Starting at the line below holding "if nat_beq c b'-'" and stopping at the line holding "else elim (parse_unsigned", print every line exactly, both ends included, and leave the rest out.

**Records for this exercise**.

══════════════════════════════

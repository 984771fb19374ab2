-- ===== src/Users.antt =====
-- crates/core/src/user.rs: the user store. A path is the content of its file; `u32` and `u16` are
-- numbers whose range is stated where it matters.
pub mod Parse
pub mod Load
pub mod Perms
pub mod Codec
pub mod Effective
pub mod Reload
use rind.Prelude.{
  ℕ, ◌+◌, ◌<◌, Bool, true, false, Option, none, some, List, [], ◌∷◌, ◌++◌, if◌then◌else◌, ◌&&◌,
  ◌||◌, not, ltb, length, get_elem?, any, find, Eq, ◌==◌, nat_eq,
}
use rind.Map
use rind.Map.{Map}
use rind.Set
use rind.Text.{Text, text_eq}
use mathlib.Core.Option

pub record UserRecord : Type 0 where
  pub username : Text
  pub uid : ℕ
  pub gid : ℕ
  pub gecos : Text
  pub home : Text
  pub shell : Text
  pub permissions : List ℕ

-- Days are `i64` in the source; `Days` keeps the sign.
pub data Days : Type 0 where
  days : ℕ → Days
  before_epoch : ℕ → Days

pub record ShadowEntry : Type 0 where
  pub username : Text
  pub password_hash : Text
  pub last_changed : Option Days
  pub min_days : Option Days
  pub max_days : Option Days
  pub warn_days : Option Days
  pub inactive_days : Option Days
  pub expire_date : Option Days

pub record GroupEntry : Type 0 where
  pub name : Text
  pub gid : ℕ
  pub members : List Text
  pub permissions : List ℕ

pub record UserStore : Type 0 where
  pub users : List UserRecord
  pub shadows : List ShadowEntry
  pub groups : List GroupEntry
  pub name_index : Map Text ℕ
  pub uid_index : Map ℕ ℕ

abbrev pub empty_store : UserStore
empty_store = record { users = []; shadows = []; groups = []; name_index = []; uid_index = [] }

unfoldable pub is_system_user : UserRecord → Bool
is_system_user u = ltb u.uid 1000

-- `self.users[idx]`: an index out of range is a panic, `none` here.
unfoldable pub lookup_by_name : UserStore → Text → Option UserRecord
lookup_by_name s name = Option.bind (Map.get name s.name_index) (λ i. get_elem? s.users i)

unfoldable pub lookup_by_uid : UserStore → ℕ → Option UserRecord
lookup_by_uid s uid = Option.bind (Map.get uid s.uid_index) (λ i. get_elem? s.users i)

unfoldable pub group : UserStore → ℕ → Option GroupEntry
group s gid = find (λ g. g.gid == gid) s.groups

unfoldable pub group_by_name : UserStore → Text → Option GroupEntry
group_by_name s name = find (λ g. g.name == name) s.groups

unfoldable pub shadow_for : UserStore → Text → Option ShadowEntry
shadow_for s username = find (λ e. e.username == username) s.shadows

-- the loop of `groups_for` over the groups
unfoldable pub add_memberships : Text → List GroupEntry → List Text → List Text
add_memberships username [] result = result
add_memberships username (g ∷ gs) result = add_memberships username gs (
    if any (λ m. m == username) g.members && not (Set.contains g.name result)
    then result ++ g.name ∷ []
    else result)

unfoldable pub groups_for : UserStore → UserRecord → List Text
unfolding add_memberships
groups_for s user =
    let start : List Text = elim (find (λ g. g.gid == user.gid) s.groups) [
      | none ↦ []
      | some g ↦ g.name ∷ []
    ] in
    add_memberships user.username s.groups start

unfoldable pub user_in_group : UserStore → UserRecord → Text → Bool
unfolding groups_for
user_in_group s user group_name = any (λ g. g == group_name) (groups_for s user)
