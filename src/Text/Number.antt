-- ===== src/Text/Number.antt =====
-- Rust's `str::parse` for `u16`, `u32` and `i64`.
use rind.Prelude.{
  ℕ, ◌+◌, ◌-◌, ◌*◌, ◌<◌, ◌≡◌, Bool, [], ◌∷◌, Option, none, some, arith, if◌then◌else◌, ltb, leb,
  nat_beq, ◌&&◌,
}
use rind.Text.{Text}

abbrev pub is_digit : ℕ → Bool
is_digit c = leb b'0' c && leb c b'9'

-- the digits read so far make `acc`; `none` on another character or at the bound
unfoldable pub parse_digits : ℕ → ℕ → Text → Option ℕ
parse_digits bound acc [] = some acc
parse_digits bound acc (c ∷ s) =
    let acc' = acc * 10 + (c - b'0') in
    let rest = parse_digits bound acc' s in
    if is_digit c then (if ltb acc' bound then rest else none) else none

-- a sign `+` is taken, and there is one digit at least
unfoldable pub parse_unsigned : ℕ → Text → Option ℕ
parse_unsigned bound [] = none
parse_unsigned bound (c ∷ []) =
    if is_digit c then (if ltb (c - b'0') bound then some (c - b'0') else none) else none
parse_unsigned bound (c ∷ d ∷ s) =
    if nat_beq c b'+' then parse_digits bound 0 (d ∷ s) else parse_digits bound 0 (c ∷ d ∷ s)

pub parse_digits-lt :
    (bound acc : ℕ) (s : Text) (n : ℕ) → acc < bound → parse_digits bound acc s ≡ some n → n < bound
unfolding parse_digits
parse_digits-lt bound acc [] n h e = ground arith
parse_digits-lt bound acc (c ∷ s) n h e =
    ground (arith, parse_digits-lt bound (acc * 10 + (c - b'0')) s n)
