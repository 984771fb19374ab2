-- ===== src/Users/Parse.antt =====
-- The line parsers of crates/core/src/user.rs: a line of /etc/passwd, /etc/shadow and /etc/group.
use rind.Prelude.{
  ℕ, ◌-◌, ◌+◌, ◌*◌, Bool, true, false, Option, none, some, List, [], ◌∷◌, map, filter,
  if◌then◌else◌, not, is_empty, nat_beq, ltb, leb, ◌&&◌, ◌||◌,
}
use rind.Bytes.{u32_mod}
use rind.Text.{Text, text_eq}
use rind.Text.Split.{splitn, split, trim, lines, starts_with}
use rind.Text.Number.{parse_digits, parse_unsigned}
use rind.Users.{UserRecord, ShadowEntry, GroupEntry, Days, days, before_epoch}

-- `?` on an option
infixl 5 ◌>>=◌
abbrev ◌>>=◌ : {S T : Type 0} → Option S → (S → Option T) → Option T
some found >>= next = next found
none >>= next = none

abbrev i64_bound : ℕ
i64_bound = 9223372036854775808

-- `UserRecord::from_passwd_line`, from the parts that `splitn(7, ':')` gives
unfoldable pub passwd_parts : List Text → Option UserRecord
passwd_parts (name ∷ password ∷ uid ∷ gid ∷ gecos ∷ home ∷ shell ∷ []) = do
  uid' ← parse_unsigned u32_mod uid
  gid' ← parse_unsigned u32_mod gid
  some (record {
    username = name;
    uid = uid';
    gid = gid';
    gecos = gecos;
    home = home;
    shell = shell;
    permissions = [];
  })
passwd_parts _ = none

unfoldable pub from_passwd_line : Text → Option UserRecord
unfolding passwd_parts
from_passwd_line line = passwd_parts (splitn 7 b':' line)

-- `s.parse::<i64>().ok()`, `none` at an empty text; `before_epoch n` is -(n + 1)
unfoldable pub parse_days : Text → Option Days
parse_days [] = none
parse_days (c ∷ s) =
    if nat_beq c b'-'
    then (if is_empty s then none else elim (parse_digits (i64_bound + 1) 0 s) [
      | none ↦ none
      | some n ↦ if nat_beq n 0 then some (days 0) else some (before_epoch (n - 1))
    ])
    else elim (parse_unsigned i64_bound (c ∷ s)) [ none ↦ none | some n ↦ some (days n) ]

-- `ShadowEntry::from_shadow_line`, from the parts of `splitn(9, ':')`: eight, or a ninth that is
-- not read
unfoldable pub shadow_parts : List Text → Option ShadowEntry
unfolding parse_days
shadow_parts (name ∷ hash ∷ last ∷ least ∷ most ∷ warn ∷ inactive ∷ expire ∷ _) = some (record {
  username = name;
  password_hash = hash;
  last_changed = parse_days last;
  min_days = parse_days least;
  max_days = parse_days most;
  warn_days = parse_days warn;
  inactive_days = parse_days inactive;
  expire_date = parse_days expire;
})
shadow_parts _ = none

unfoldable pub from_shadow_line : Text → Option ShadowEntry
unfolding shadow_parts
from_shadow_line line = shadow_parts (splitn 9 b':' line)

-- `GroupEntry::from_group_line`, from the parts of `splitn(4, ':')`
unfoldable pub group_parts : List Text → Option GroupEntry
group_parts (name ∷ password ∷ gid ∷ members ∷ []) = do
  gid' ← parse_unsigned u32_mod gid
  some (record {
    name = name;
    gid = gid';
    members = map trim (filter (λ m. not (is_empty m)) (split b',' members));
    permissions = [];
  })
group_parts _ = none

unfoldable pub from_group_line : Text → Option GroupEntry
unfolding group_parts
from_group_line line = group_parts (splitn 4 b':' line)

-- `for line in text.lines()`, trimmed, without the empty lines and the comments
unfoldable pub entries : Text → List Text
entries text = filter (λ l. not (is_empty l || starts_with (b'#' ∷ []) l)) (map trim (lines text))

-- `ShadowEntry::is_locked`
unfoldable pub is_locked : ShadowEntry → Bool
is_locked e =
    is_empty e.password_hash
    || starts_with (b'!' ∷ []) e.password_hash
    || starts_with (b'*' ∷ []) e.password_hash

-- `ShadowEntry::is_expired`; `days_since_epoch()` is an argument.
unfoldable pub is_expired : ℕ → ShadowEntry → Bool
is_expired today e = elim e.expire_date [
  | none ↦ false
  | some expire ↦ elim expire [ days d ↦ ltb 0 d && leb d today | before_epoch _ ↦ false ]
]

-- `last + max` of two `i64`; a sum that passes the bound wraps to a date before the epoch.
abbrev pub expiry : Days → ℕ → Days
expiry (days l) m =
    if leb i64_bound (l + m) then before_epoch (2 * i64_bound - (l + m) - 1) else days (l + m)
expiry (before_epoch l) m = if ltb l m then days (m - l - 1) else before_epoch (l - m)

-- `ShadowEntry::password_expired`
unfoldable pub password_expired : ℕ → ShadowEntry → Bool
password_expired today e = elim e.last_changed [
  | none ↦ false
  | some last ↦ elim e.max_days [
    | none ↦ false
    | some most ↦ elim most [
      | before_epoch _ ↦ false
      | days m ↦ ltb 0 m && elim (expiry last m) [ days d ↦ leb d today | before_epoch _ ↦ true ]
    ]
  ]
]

══════════════════════════════

**Response**.
    if nat_beq c b'-'
    then (if is_empty s then none else elim (parse_digits (i64_bound + 1) 0 s) [
      | none ↦ none
      | some n ↦ if nat_beq n 0 then some (days 0) else some (before_epoch (n - 1))
    ])
    else elim (parse_unsigned i64_bound (c ∷ s)) [ none ↦ none | some n ↦ some (days n) ]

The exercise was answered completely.